The Covid-19 pandemic has caused a wide-scale reassessment of priorities in many peoples’ lives. In particular, the successive “lockdowns” and isolation from wider distance travel, forcing people to stay at home, has and will continue to have lasting effects on both professional and personal lives. While it is well known that Covid caused a sharp rise in the numbers of workers operating out of home offices, it also caused a surge in hobby adoption, including 7 million new gardeners. Millions of people also moved from urban centres into greener rural settings (facilitated by the shift from cubicles to home offices), which has demonstrated the significance of green spaces for human fulfilment.

 

This presents something of an ultimatum for the planning and construction of sustainable cities and urban accommodation: without accessible green spaces, people will leave in search of them. These can even be quite small alterations, ivy-clad walls and pocket gardens, that are relatively easy to maintain but still represent a boon to mental health. They may also act as carbon sinks and could develop into more extensive community projects in the future, by expanding allotments and vegetable patches, which improve both sustainability and the cohesion of a community in an increasingly atomised time. Even beyond the truly urban landscape, this approach to gardens could increase community engagement in suburbia, helping to ensure a future in which the isolation of recent years can decline.

 

The need to incorporate more green spaces directly into urban accommodation, either in renovation or new constructions, has existing solutions, but these still require reconsiderations of design, including the load capacity of the superstructure.

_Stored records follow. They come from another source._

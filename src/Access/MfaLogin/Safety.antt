-- ===== src/Access/MfaLogin/Safety.antt =====
-- What a second factor that is accepted shows, and uses up:
-- Api/src/modules/auth/mfa-login.service.ts.
use vaultchain_fintech_dashb.Prelude.{
  ℕ, Bool, true, false, not, ◌&&◌, Option, none, some, List, [], ◌≡◌, refl, arith, Bool-cases, inl,
  inr, count_where, find, ok, err, ap, ◌∙◌, ◌==◌, Result, err-ne-ok, after-eq-ok, after-keeps,
  raise_if, or_raise-state, or_raise, ◌<◌, sym, any, count_where-update_where,
}
use vaultchain_fintech_dashb.Prelude.Text.{Text}
use vaultchain_fintech_dashb.Auth.Store.{
  AuthDb, AuthError, User, AuthEnv, unique_violation, user_id, record_not_found,
}
use vaultchain_fintech_dashb.Auth.Session.{
  issue_session, store_token, build_response, new_token, token_id,
}
use vaultchain_fintech_dashb.Access.Store.{AccessDb, AccessEnv, in_auth, taken_key, AccessError}
use vaultchain_fintech_dashb.Access.Devices.{issue, DeviceContext, device_row}
use vaultchain_fintech_dashb.Challenge.Mfa.{MfaChallenge, row_id, load_parsed, is_live}
use vaultchain_fintech_dashb.Access.MfaLogin.{
  remember, complete, verify_totp, assert_login_challenge, consume_challenge, OpenChallenge,
  issue_session_for_user, MfaLoginResult, ResetMethod, challenge_consumed, wrong_challenge,
  check_totp, totp, reject,
}
use vaultchain_fintech_dashb.Access.Factor.Floor.{is_above, floor_of, check_totp-floor_of, floor_at}
use vaultchain_fintech_dashb.Access.Reset.Credentials.{guard_passed}
use vaultchain_fintech_dashb.Challenge.MfaSafety.{consume_once}
use vaultchain_fintech_dashb.Challenge.Mfa.{consume}

-- What the end of a login leaves of the users and of the challenges.
abbrev rest_of : AuthDb → List User × List MfaChallenge
rest_of db = (db.users, db.challenges)

issue_session-keeps :
    (env : AuthEnv) (user : ℕ) (session : Text) (db : AuthDb)
    → rest_of (issue_session env user session db).1 ≡ rest_of db
unfolding issue_session store_token build_response
issue_session-keeps env user session db =
    after-keeps rest_of (rest_of db) (store_token (new_token env user session) db) _
      (after-keeps rest_of (rest_of db)
        (raise_if (any (token_id env.token_id) db.tokens) unique_violation db) _ refl (λ a u k. k))
      (λ a u k.
        after-keeps rest_of (rest_of db) (or_raise (find (user_id user) u.users) record_not_found u)
          _ (ap rest_of (or_raise-state (find (user_id user) u.users) record_not_found u) ∙ k)
          (λ found v l. l))

call_auth-keeps :
    {A : Type 0} (db : AccessDb) (r : Result AuthError A × AuthDb) → (in_auth db r).1.auth ≡ r.1
call_auth-keeps db (ok a, t) = refl
call_auth-keeps db (err e, t) = refl

remember-keeps :
    (env : AccessEnv) (b : Bool) (user : ℕ) (ctx : DeviceContext) (db : AccessDb)
    → rest_of (remember env b user ctx db).1.auth ≡ rest_of db.auth
unfolding issue
remember-keeps env false user ctx db = refl
remember-keeps env true user ctx db =
    after-keeps (λ (d : AccessDb). rest_of d.auth) (rest_of db.auth) (issue env user ctx db) _
      (after-keeps (λ (d : AccessDb). rest_of d.auth) (rest_of db.auth)
        (raise_if (any (device_row env.device_id) db.devices) taken_key db) _ refl (λ a u k. k))
      (λ device u k. elim (Bool-cases env.alerts_work) [ inl e ↦ rw e k | inr e ↦ rw e k ])

-- The challenge that won is consumed, and nothing after that touches it or the users.
complete-rest :
    (env : AccessEnv) (challenge : OpenChallenge) (remember_device : Bool) (ctx : DeviceContext)
    (method : ResetMethod) (db : AccessDb)
    → rest_of (complete env challenge remember_device ctx method db).1.auth ≡ (
      db.auth.users,
      (consume env.auth.now challenge.id challenge.max_attempts db.auth.challenges).1,
    )
unfolding complete consume_challenge issue_session_for_user
complete-rest env challenge remember_device ctx method db =
    let consumed = (consume_challenge env challenge db).1 in
    let won = (consume env.auth.now challenge.id challenge.max_attempts db.auth.challenges).0 in
    after-keeps (λ (d : AccessDb). rest_of d.auth) (rest_of consumed.auth)
      (raise_if (not won) challenge_consumed consumed) _ refl
      (λ a u k.
        after-keeps (λ (d : AccessDb). rest_of d.auth) (rest_of consumed.auth)
          (in_auth u (issue_session env.auth challenge.user_id env.auth.session_id u.auth)) _
          (ap rest_of (
              call_auth-keeps u
                (issue_session env.auth challenge.user_id env.auth.session_id u.auth))
            ∙ (issue_session-keeps env.auth challenge.user_id env.auth.session_id u.auth ∙ k))
          (λ session v l.
            after-keeps (λ (d : AccessDb). rest_of d.auth) (rest_of consumed.auth)
              (remember env (remember_device && env.auth.remember_device_enabled) challenge.user_id
                ctx v)
              _
              (remember-keeps env (remember_device && env.auth.remember_device_enabled)
                  challenge.user_id ctx v
                ∙ l)
              (λ device w m. m)))

complete_won :
    (env : AccessEnv) (challenge : OpenChallenge) (remember_device : Bool) (ctx : DeviceContext)
    (method : ResetMethod) (db : AccessDb) {r : MfaLoginResult} {t : AccessDb}
    → complete env challenge remember_device ctx method db ≡ (ok r, t)
    → (consume env.auth.now challenge.id challenge.max_attempts db.auth.challenges).0 ≡ true
unfolding complete consume_challenge
complete_won env challenge remember_device ctx method db h =
    let won = (consume env.auth.now challenge.id challenge.max_attempts db.auth.challenges).0 in
    let (passed, e) =
      guard_passed (not won) challenge_consumed (consume_challenge env challenge db).1 _ h in
    ground (arith, passed)

consume-fewer :
    (env : AccessEnv) (challenge : OpenChallenge) (before after_it : List MfaChallenge)
    → after_it ≡ (consume env.auth.now challenge.id challenge.max_attempts before).1
    → count_where (row_id challenge.id) after_it < 2
    → count_where (row_id challenge.id) before < 2
unfolding consume
consume-fewer env challenge before after_it e few =
    let same =
      count_where-update_where (row_id challenge.id)
        (is_live env.auth.now challenge.id challenge.max_attempts)
        (λ r. record r { consumed_at = some env.auth.now }) before (λ r. refl) in
    rw (e, same) at few

used_up :
    (env : AccessEnv) (challenge : OpenChallenge) (secret : Text) (later other_max : ℕ)
    (before after_it : List MfaChallenge)
    → after_it ≡ (consume env.auth.now challenge.id challenge.max_attempts before).1
    → count_where (row_id challenge.id) after_it < 2
    → (consume env.auth.now challenge.id challenge.max_attempts before).0 ≡ true
    → ((consume later challenge.id other_max after_it).0 ≡ false)
      × (load_parsed env.auth.crypto later (some (challenge.id, secret)) after_it ≡ none)
used_up env challenge secret later other_max before after_it e few won =
    let once =
      consume_once env.auth.crypto env.auth.now challenge.id secret challenge.max_attempts before []
        later other_max (consume-fewer env challenge before after_it e few) won in
    rw e once

-- A login challenge is upgraded once: where a one-time password upgrades it to a session, the
-- challenge was for a login, its consumption is won by nobody again and its token loads no more,
-- and the user's replay floor has risen to a step above the one that was read, whatever other
-- requests wrote in between; if the library only accepts steps above the floor it is given, and no
-- two users and no two challenges share the id.
pub verify_totp_once :
    (env : AccessEnv) (others : AccessDb → AccessDb) (challenge : OpenChallenge) (code : Text)
    (remember_device : Bool) (ctx : DeviceContext) (db : AccessDb) (secret : Text)
    (later other_max : ℕ) {r : MfaLoginResult} {t : AccessDb}
    → ((s presented : Text) (floor : Option ℕ) (step : ℕ)
        → env.totp s presented floor ≡ some step
        → is_above step floor ≡ true)
    → count_where (user_id challenge.user_id) (others db).auth.users < 2
    → count_where (row_id challenge.id) t.auth.challenges < 2
    → verify_totp env others challenge code remember_device ctx db ≡ (ok r, t)
    → ((challenge.purpose == env.auth.login_purpose) ≡ true)
      × ((consume later challenge.id other_max t.auth.challenges).0 ≡ false)
      × (load_parsed env.auth.crypto later (some (challenge.id, secret)) t.auth.challenges ≡ none)
      × ((step : ℕ) × (floor_of challenge.user_id t ≡ some step)
          × (is_above step (floor_of challenge.user_id db) ≡ true))
unfolding verify_totp assert_login_challenge reject
verify_totp_once env others challenge code remember_device ctx db secret later other_max {t = t}
      above few rows h =
    let (login, e) =
      guard_passed (not (challenge.purpose == env.auth.login_purpose)) wrong_challenge db _ h in
    let (accepted, u, checked, f) =
      after-eq-ok (check_totp env others challenge.user_id code db) _ e in
    elim (Bool-cases accepted) [
      | inr no_code ↦ absurd (err-ne-ok (ap (λ p. p.0) (rw no_code at f)))
      | inl good ↦
          let done = rw good at f in
          let won = complete_won env challenge remember_device ctx totp u done in
          let rest = complete-rest env challenge remember_device ctx totp u in
          let (step, set, high) =
            check_totp-floor_of env others challenge.user_id code db above few
              (rw good at checked) in
          let ended =
            sym (ap (λ (p : Result AccessError MfaLoginResult × AccessDb). rest_of p.1.auth) done)
            ∙ rest in
          let users = ap (λ (p : List User × List MfaChallenge). p.0) ended in
          let challenges = ap (λ (p : List User × List MfaChallenge). p.1) ended in
          let (spent, shut) =
            used_up env challenge secret later other_max u.auth.challenges t.auth.challenges
              challenges rows won in
          (
            ground (arith, login),
            spent,
            shut,
            (step, ap (λ us. floor_at (find (user_id challenge.user_id) us)) users ∙ set, high),
          )
    ]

Small green spaces such as pocket gardens can still present significant uncertainty to an architect, particularly in their incorporation into a structure that may not have originally been designed to house plant life. Plants require sunlight, so architects will have to consider the geography of the building relative to the movements of the sun. Consideration must also be given to ease of maintenance for these green spaces to ensure they last as long as the buildings that house them. Therefore, the work by architects to include these green spaces will likely be eligible to qualify for R&D tax credits. With the demand for their inclusion and potential governmental support even for private projects, it seems a natural next step.

 

Many architects and associated engineers (e.g. structural engineers) may not be aware that they qualify for R&D tax credits, and any potential for innovation is worth exploring.